Nonsteroidal anti-inflammatory drug-activated gene-1 (NAG-1) represents a divergent member of the TGF-β superfamily. NAG-1 is also known as macrophage inhibitory cytokine-1, placental transforming growth factor-β, prostate-derived factor, placental bone morphogenetic protein, or growth differentiation factor-15 (GDF-15) [6,7]. NAG-1 is synthesized as a 308-amino acid pro-peptide and secreted as a mature protein after proteolytic cleavage [6,7,8,9,10]. The secreted form is present in the blood of humans and media of cultured cells expressing NAG-1 [9]. Both the pro-form and secreted form are likely to play central roles in the biological activity of NAG-1 [6,7,9,10]. There are conflicting reports concerning the tumor suppressor and oncogenic activities of NAG-1 [10]. NAG-1 expression is upregulated by the tumor suppressors p53 and Egr-1 [6,7,9]. Several drugs with anti-inflammatory and anti-tumorigenic activities increase NAG-1 expression [6,7,9]. Many in vitro studies suggest that expression of NAG-1 inhibits tumor cell growth [6,7,8,9,11,12,13]. The most compelling evidence for anti-tumorigenic activity comes from studies with transgenic mice expressing human NAG-1 [14]. It has not been investigated if proteasome inhibitors induce the expression of this potential tumor suppressor protein.

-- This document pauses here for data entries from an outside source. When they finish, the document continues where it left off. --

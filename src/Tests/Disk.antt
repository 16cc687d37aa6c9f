-- ===== src/Tests/Disk.antt =====
-- A world is saved and read back.
use macintosh_craft.Base.{◌≡◌, refl, true, false, some, arith}
use macintosh_craft.World.Changes.{Place, gap, blank, set_block}
use macintosh_craft.Players.Actions.Using.{chest_slot}
use macintosh_craft.Disk.{
  WorldFile, Stdio, Memory, write_all_data_to_disk, write_chest_changes_to_disk, init_serializer,
}
use macintosh_craft.Disk.Saved.{IsWorking, write_all_data_to_disk-overwritten}
use macintosh_craft.Disk.Session.{make_block_changes, first_memory, restart-get_block_at}
use macintosh_craft.World.Blocks.{get_block_at}
use macintosh_craft.World.Store.Arrays.{no_changes}
use macintosh_craft.Base.{List, [], ◌∷◌, none, ℕ, ◌<◌, Bool}
use macintosh_craft.World.Changes.{store_change}
use macintosh_craft.Base.Array.{modify_range}
use macintosh_craft.World.Blocks.{
  make_block_change, finish, is_base_block, in_game, send_update, Packet,
}
use macintosh_craft.Base.Int.{ℤ, pos}
use macintosh_craft.Tests.Data.{generator, sand_place}
use macintosh_craft.Disk.Chests.{write_chest_changes_to_disk-slot}
use macintosh_craft.Tests.Data.{miner, one_change}

abbrev stdio : Stdio
stdio = record {
  opens = true;
  creates = true;
  seeks = λ i. true;
  reads_entries = true;
  reads_players = true;
  writes_entries = true;
  writes_players = true;
  write_entry = λ i old new. (new, true);
  torn_players = λ old new. old;
}

stdio-IsWorking : IsWorking stdio
stdio-IsWorking = record {
  opens = refl;
  seeks = λ i. refl;
  creates = refl;
  writes_entries = refl;
  reads_entries = refl;
  reads_players = refl;
  writes_players = refl;
  write_entry = λ i old new. refl;
}

abbrev empty_file : WorldFile
empty_file = record {
  entries = λ i. set_block gap blank;
  players = λ i. miner;
  overwritten = false;
}

abbrev running : Memory
running = record { changes = one_change; players = λ i. miner }

write_all_data_to_disk-overwritten_example :
    (write_all_data_to_disk stdio running empty_file).overwritten ≡ false
write_all_data_to_disk-overwritten_example =
    write_all_data_to_disk-overwritten stdio running empty_file stdio-IsWorking (omega arith)

-- A chest, and a torch elsewhere.
abbrev torch_place : Place
torch_place = record { x = pos 3; y = 70; z = pos 4 }

abbrev history : List (Place × ℕ)
history = (sand_place, 8) ∷ (torch_place, 7) ∷ []

-- Whatever the terrain is there.
few_entries :
    (b c : Bool) (fds : List ℤ) (sent sent' : List Packet)
    → (finish generator torch_place fds sent' (
        store_change 8 c
          (finish generator sand_place fds sent (store_change 8 b no_changes sand_place 8)).changes
          torch_place
          7)).changes.count
      < 20000
unfolding finish store_change modify_range
few_entries true true fds sent sent' = omega arith
few_entries true false fds sent sent' = omega arith
few_entries false true fds sent sent' = omega arith
few_entries false false fds sent sent' = omega arith

room_left : (make_block_changes generator [] history no_changes).count < 20000
unfolding make_block_changes make_block_change
room_left =
    few_entries (is_base_block generator sand_place 8) (is_base_block generator torch_place 7)
      (in_game []) (send_update sand_place 8 (in_game [])) (send_update torch_place 7 (in_game []))

restart-get_block_at_example :
    let s = make_block_changes generator [] history no_changes in
    (first : WorldFile) × (last : WorldFile) × (m : Memory) × (init_serializer stdio 8
        (λ old. old)
        none
        (first_memory (λ i. miner))
      ≡ some (first, first_memory (λ i. miner)))
    × (write_all_data_to_disk stdio (record { changes = s; players = λ i. miner }) first ≡ last)
    × (init_serializer stdio 8 (λ old. old) (some last) (first_memory (λ i. miner))
        ≡ some (last, m))
    × (m.players ≡ (λ i. miner))
    × ((x y z : ℤ) → get_block_at generator m.changes x y z ≡ get_block_at generator s x y z)
restart-get_block_at_example =
    restart-get_block_at stdio (λ old. old) generator [] history (λ i. miner) (λ i. miner)
      stdio-IsWorking (omega arith) room_left

write_chest_changes_to_disk-slot_example :
    let g = write_chest_changes_to_disk stdio one_change 1 1 empty_file in
    (chest_slot true (record one_change { entries = g.entries }) 1 1
      ≡ chest_slot true one_change 1 1)
    × (g.entries 5 ≡ empty_file.entries 5)
write_chest_changes_to_disk-slot_example =
    write_chest_changes_to_disk-slot stdio true one_change 1 1 5 empty_file stdio-IsWorking
      (omega arith) (omega arith)
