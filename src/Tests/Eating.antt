-- ===== src/Tests/Eating.antt =====
-- A hungry player who eats what is held.
use macintosh_craft.Base.{ℕ, ◌+◌, ◌≡◌, ◌≢◌, ◌≤◌, ◌⊎◌, true, false, [], arith, ◌==◌, if◌then◌else◌}
use macintosh_craft.Players.{PlayerData}
use macintosh_craft.Players.Give.Total.{held}
use macintosh_craft.Players.Eating.{handle_player_eating}
use macintosh_craft.Players.Eating.Consumed
use macintosh_craft.Tests.Data.{numbers, miner}

-- With 10 diamonds in the hand.
abbrev hungry : PlayerData
hungry = record miner { hunger = 10; hotbar = 3 }

handle_player_eating-held_example :
    let meal = handle_player_eating numbers hungry false in
    ((meal.player ≡ hungry) × (meal.sent ≡ []) × ((meal.eaten ≡ false) ⊎ (false ≡ true)))
    ⊎ ((meal.eaten ≡ true)
        × ((item : ℕ)
            → item ≢ 0
            → held meal.player item + (if 51 == item then 1 else 0) ≡ held hungry item)
        × (meal.player.hunger ≤ 20)
        × (10 ≤ meal.player.hunger))
handle_player_eating-held_example =
    Consumed.handle_player_eating-held numbers hungry false (omega arith) (omega arith)
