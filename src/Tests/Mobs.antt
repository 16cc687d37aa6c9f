-- ===== src/Tests/Mobs.antt =====
-- Packed coordinates and client states, at concrete values.
use macintosh_craft.Base.{ℕ, ◌≡◌, refl, some, inr, if◌then◌else◌, arith, ◌==◌}
use macintosh_craft.Base.Int.{pos, negsuc, eq_ℤ}
use macintosh_craft.Players.Clients.{ClientState, set_client_state, get_client_state, find_client}
use macintosh_craft.Players.Clients.Lookup
use macintosh_craft.Mobs.{MobData, mob_set_x, mob_set_z, mob_block_coord, mob_delta_coord}
use macintosh_craft.Mobs.Packing

abbrev cow : MobData
cow = record { type = 28; x = pos 0; y = 70; z = pos 0; data_bits = 10 }

mob_coord_round_trip_example :
    let moved = mob_set_z (mob_set_x cow (negsuc 8191) (pos 1)) (pos 100) (negsuc 0) in
    (mob_block_coord moved.x ≡ negsuc 8191)
    × (mob_delta_coord moved.x ≡ pos 1)
    × (mob_block_coord moved.z ≡ pos 100)
    × (mob_delta_coord moved.z ≡ negsuc 0)
mob_coord_round_trip_example =
    Packing.mob_coord_round_trip cow (negsuc 8191) (pos 100) (pos 1) (negsuc 0)
      (omega arith, omega arith) (omega arith, omega arith) (omega arith, omega arith)
      (omega arith, omega arith)

-- Client 5 has slot 0; the other slots are free.
abbrev one_client : ℕ → ClientState
one_client i =
    if i == 0
    then record { client_fd = pos 5; state = pos 5 }
    else record { client_fd = negsuc 0; state = pos 0 }

free_slot : find_client 16 one_client (negsuc 0) 0 ≡ some 1
unfolding find_client
free_slot = refl

get-set_client_state_example :
    get_client_state (set_client_state one_client (pos 9) (pos 2)) (pos 9)
    ≡ (if eq_ℤ (pos 9) (pos 9) then pos 2 else get_client_state one_client (pos 9))
get-set_client_state_example =
    Lookup.get-set_client_state one_client (pos 9) (pos 9) (pos 2) 1 (λ e. absurd (ground arith))
      (inr free_slot)
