-- ===== src/Tests/Packets.antt =====
-- Packets of the test world, taken apart by their lengths, and sent through the buffer.
use macintosh_craft.Base.{◌*◌, ◌≡◌, refl, some, List, [], ◌∷◌, ◌++◌, length, arith}
use macintosh_craft.Base.Int.{to_u32, pos}
use macintosh_craft.Net.Buffer.{PacketBuffer, no_client}
use macintosh_craft.Net.Buffer.Stream.{sent_to}
use macintosh_craft.Net.Packets.{Environment}
use macintosh_craft.Net.Packets
use macintosh_craft.Net.Packets.Entities
use macintosh_craft.Net.Write.{wire, bytes_of, var_bytes}
use macintosh_craft.Net.VarNum.{write_var_int, write_loop}
use macintosh_craft.Net.Words.{be16, be32, be64}
use macintosh_craft.Net.Packets.Frame.{chunk_data}
use macintosh_craft.Base.Int.{negsuc}
use macintosh_craft.Net.Packets.Frame.{
  Packet, keep_alive, set_head_rotation, system_chat, update_entity_rotation, update_time,
}
use macintosh_craft.Net.Packets.Frame.Received
use macintosh_craft.Net.Packets.Frame.Lengths.{IsWhole}
use macintosh_craft.Net.Packets.Frame.Received.{read_frames, sent_packets, contents, AllSendable}
use macintosh_craft.Net.Packets.Send.{send_packets, send_batch}
use macintosh_craft.Net.Packets.Send.Delivered
use macintosh_craft.Net.Packets.Send.Delivered.{AllFit, AllBatchable, aware, rotation}

abbrev server : Environment
server = record {
  block_palette = λ b. b * 3;
  network_block_palette = 0 ∷ 1 ∷ [];
  motd = 72 ∷ 105 ∷ [];
  view_distance = pos 1;
  world_age = 40;
  health_float = λ h. h;
  saturation_float = λ s. s;
}

-- The packets of the server's tick, the rotation of the head of entity 300, and "Hi".
abbrev packets : List Packet
packets =
    keep_alive
    ∷ update_time 6000
    ∷ set_head_rotation (pos 300) 64
    ∷ system_chat (72 ∷ 105 ∷ [])
    ∷ []

packets-AllSendable : AllSendable server packets
unfolding bytes_of var_bytes write_var_int write_loop be16 be32 be64 to_u32 AllSendable IsWhole wire
    Packets.sc_keep_alive Packets.sc_update_time Entities.sc_set_head_rotation
    Packets.sc_system_chat
packets-AllSendable = (
  (λ e. cc, omega arith),
  tt,
  ((λ e. cc, omega arith), tt, ((λ e. cc, omega arith), tt, ((λ e. cc, omega arith), tt, tt))),
)

read_frames-sent_example :
    read_frames (length packets) (sent_packets server packets) ≡ contents server packets
read_frames-sent_example = Received.read_frames-sent server packets packets-AllSendable

-- Nothing is started, and client 4 was sent a byte before.
abbrev buffer : PacketBuffer
buffer = record { fd = no_client; bytes = []; sent = (pos 4, 9 ∷ []) ∷ [] }

-- A chunk of stone in the middle of which the client is sent five bytes, and the packets above.
abbrev with_chunk : List Packet
with_chunk =
    chunk_data (λ i. record { blocks = λ k. 1; biome = 0 }) (λ i. i ∷ []) (pos 2) (negsuc 0)
    ∷ packets

with_chunk-AllFit : AllFit with_chunk
unfolding AllFit
with_chunk-AllFit = (tt, (tt, (tt, (tt, (omega arith, tt)))))

send_packets-sent_example :
    (c : PacketBuffer) × (send_packets server (pos 4) with_chunk buffer ≡ some c)
    × (c.fd ≡ no_client)
    × (sent_to (pos 4) c.sent ≡ sent_to (pos 4) buffer.sent ++ sent_packets server with_chunk)
send_packets-sent_example =
    Delivered.send_packets-sent server (pos 4) with_chunk buffer (λ e. cc) refl with_chunk-AllFit

abbrev batch : List Packet
batch = update_entity_rotation (pos 5) 10 20 ∷ set_head_rotation (pos 5) 10 ∷ []

batch-AllBatchable : AllBatchable batch
unfolding AllBatchable
batch-AllBatchable = (rotation (pos 5) 10 20, (aware refl tt, tt))

send_batch-sent_example :
    (c : PacketBuffer) × (send_batch server (pos 4) batch buffer ≡ some c)
    × (c.fd ≡ no_client)
    × (sent_to (pos 4) c.sent ≡ sent_to (pos 4) buffer.sent ++ sent_packets server batch)
send_batch-sent_example =
    Delivered.send_batch-sent server (pos 4) batch buffer (λ e. cc) batch-AllBatchable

Here we report that the proteasome inhibitor MG132 stimulates NAG-1 expression in glioblastoma cells. MG132-induced NAG-1 expression was dependent on the p38 MAPK pathway and involved both transcriptional (promoter activation) and post-transcriptional mechanisms (mRNA stability). Our data suggest that NAG-1 expression provides a novel pathway for anti-glioblastoma activity of proteasome inhibitors.

2. Materials and Methods

Total cell lysates from cultured cells were isolated in radioimmunoprecipitation assay (RIPA) buffer supplemented with protease and phosphatase inhibitors for Western blot analysis. Equal amounts of lysates were resolved by sodium dodecyl sulfate-polyacrylamide gel electrophoresis and analyzed. The Human GDF-15 Duo Set Enzyme-Linked Immunosorbent Assay (ELISA) Development kit (R&D Systems, Minneapolis, MN, USA) was used to determine NAG-1 protein levels in the cell culture medium. Total RNA from cultured cells was isolated using the RNeasy MINI kit (Qiagen, Valencia, CA). After cDNA synthesis, RT-PCR assays were performed using the MyiQ Real-time PCR Detection System (Bio-Rad, Hercules, CA, USA). PCR amplification levels were normalized to those of β-actin. PCR primers are shown in Supplementary Materials and Methods. The human NAG-1 promoter constructs used in the luciferase assay were described previously [15]. The two-tailed unpaired Student’s t-test was used for statistical assessment between experimental groups. A p < 0.05 was considered significant. Cell culture, luciferase reporter assays, small interfering RNA (siRNA) transfection, and flow cytometric analysis of propidium iodide-stained cells were performed using standard procedures (see details in Supplementary Materials and Methods).

3. Results

3.1. Proteasome inhibitor MG132 induces NAG-1 expression in glioblastoma cells and causes accumulation of U87MG cells in the sub-G1 phase

We measured NAG-1 mRNA and protein levels after treatment with MG132 in the U87MG, T98G, A172, and U138MG glioblastoma cell lines to investigate whether the proteasome inhibitor MG132 could induce NAG-1 expression. NAG-1 mRNA and protein levels remained undetectable after DMSO vehicle treatment (Fig. 1A, B). Treatment with MG132 increased NAG-1 mRNA expression in all four cell lines (Fig. 1A). MG132 increased protein expression of pro-form NAG-1 in U87MG and A172 cells (Fig. 1B). Furthermore, bortezomib, a proteasome inhibitor in clinical use, also induced NAG-1 mRNA and protein expression in U87MG and A172 cells (Supplementary Fig. 1). Thus, MG132 and bortezomib increased NAG-1 expression in glioblastoma cells. MG132 and U87MG cells were used for all subsequent experiments because of the large increase in NAG-1 expression observed after treatment. Next, we sought to examine MG132 activity in U87MG cells. The flow cytometric analysis showed that treatment with MG132 for 24 h increased the proportion of cells in the sub-G1 phase (Fig. 1C). Importantly, U87MG cells transfected with siRNA to knockdown NAG-1 were less sensitive than control cells to the action of MG132 (Fig. 1C, D).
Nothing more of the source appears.